* Task to carry out:
In the entries that follow, the line with "c_is_named = refl" opens the range and the line with "30).rows other ≡ none))" closes it; repeat that range exactly, both lines included.

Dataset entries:
- - -
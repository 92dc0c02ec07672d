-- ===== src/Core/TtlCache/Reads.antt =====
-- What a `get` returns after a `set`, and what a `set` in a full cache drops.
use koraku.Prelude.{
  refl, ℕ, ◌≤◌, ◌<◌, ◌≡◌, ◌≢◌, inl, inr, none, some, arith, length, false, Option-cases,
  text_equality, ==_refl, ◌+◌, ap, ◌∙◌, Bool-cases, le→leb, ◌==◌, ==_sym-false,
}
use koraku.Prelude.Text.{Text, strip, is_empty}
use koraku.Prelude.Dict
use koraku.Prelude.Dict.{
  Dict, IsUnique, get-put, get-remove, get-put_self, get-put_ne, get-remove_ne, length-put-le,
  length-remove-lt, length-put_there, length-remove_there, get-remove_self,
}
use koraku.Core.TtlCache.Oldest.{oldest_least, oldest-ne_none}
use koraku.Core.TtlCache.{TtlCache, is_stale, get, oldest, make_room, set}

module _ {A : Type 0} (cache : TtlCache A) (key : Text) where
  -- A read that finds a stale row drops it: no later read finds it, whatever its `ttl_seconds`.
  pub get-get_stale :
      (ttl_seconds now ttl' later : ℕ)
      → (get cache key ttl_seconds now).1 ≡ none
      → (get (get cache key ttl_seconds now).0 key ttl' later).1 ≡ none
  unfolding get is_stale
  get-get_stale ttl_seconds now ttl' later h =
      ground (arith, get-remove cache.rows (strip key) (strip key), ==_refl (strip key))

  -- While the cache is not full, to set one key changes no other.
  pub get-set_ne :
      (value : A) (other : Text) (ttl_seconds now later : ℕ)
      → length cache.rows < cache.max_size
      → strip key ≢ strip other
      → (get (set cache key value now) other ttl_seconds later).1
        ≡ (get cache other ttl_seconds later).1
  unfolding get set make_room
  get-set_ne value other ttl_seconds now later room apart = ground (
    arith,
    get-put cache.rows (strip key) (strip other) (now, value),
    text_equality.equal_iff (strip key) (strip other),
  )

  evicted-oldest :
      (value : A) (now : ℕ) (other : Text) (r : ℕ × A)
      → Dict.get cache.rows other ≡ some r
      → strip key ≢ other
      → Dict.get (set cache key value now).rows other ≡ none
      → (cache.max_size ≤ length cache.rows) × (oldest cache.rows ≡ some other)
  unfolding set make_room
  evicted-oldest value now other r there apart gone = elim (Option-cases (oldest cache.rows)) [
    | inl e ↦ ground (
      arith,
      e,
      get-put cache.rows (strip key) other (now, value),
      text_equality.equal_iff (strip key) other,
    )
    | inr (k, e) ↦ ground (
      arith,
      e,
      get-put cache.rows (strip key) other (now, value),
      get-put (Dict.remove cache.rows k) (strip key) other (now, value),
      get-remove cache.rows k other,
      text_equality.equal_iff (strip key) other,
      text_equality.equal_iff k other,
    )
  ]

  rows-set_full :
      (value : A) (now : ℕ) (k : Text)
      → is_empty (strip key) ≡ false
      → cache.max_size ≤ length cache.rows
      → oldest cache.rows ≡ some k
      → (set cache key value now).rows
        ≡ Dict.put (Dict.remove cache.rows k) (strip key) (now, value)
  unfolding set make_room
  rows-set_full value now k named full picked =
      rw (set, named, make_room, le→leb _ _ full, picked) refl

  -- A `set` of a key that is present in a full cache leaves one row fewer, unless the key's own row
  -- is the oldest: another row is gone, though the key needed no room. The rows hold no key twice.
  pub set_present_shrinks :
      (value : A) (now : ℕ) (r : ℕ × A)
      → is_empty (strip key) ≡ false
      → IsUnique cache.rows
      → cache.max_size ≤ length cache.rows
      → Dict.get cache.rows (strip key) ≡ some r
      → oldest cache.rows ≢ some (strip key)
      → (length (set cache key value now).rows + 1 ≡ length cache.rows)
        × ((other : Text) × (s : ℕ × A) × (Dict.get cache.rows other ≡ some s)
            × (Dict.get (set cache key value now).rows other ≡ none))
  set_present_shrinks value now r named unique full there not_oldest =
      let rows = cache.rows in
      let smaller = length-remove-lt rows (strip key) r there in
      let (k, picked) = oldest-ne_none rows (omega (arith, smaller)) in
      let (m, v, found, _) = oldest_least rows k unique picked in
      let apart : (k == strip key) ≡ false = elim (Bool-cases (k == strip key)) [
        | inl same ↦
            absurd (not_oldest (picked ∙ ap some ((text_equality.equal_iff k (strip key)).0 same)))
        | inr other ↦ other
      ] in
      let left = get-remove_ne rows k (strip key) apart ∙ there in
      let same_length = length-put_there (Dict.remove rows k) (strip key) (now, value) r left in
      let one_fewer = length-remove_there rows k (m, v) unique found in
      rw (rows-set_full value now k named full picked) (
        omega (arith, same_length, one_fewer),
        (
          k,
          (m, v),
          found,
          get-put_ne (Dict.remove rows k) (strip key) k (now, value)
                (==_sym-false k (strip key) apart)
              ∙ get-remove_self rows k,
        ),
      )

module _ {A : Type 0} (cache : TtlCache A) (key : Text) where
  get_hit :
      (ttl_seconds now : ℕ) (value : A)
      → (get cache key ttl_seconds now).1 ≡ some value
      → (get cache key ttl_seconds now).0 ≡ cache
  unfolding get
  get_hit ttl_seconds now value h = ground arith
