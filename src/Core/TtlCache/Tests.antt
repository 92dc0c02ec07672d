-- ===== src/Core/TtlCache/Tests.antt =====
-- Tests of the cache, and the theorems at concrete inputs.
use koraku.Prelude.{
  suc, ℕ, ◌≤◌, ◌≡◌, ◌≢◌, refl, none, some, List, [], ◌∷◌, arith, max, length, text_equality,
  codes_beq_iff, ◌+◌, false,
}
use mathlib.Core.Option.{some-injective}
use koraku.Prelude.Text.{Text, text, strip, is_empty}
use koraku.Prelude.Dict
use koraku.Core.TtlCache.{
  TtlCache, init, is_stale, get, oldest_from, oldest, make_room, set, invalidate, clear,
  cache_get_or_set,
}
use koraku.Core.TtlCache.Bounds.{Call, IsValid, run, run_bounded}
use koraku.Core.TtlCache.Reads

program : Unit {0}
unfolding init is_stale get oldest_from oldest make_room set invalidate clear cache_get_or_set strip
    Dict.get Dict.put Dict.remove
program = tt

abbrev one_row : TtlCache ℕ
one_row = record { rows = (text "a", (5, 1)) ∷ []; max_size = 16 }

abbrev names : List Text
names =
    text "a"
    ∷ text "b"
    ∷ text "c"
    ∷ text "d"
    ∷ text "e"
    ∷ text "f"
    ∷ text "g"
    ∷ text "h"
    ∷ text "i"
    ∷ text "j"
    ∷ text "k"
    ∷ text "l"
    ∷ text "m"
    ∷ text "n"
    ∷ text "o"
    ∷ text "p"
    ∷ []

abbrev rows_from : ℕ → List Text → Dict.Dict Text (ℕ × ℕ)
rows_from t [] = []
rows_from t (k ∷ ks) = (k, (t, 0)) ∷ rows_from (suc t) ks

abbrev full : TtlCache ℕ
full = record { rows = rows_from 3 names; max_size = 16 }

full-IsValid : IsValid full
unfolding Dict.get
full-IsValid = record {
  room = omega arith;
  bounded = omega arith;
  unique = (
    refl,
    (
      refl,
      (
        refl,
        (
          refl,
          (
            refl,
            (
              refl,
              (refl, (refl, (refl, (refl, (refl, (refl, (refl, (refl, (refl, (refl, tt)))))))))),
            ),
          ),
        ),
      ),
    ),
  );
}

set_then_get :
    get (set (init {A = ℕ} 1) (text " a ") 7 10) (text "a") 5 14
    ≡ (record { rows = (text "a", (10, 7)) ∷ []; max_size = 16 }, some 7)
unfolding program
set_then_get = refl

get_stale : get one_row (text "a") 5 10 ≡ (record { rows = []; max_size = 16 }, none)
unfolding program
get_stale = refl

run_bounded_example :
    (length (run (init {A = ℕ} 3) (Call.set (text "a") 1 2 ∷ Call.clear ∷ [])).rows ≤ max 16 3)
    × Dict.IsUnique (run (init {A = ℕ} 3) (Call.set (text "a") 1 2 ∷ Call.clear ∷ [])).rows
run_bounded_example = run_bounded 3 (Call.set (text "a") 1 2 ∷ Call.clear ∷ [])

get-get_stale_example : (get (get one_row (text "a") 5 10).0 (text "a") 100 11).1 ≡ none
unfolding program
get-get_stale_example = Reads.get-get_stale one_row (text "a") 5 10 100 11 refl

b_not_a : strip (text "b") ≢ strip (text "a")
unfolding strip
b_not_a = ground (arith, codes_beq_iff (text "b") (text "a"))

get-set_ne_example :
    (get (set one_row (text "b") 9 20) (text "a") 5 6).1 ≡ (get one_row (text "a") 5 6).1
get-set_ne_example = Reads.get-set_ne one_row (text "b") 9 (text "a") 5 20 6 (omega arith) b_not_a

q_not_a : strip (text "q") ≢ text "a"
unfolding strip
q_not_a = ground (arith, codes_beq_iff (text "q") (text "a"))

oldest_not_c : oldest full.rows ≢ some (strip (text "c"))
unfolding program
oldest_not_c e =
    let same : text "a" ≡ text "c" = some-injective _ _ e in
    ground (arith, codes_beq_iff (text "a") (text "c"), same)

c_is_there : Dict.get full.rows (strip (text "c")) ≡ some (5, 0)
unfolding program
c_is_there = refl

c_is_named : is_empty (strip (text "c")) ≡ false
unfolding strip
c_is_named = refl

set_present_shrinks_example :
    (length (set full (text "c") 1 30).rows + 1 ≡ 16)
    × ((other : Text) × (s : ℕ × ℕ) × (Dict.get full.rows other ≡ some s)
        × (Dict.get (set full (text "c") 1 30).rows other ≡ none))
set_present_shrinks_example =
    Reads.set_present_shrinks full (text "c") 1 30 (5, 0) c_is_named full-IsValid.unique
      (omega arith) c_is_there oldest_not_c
- - -
* Output of the exercise:
c_is_named = refl

set_present_shrinks_example :
    (length (set full (text "c") 1 30).rows + 1 ≡ 16)
    × ((other : Text) × (s : ℕ × ℕ) × (Dict.get full.rows other ≡ some s)
        × (Dict.get (set full (text "c") 1 30).rows other ≡ none))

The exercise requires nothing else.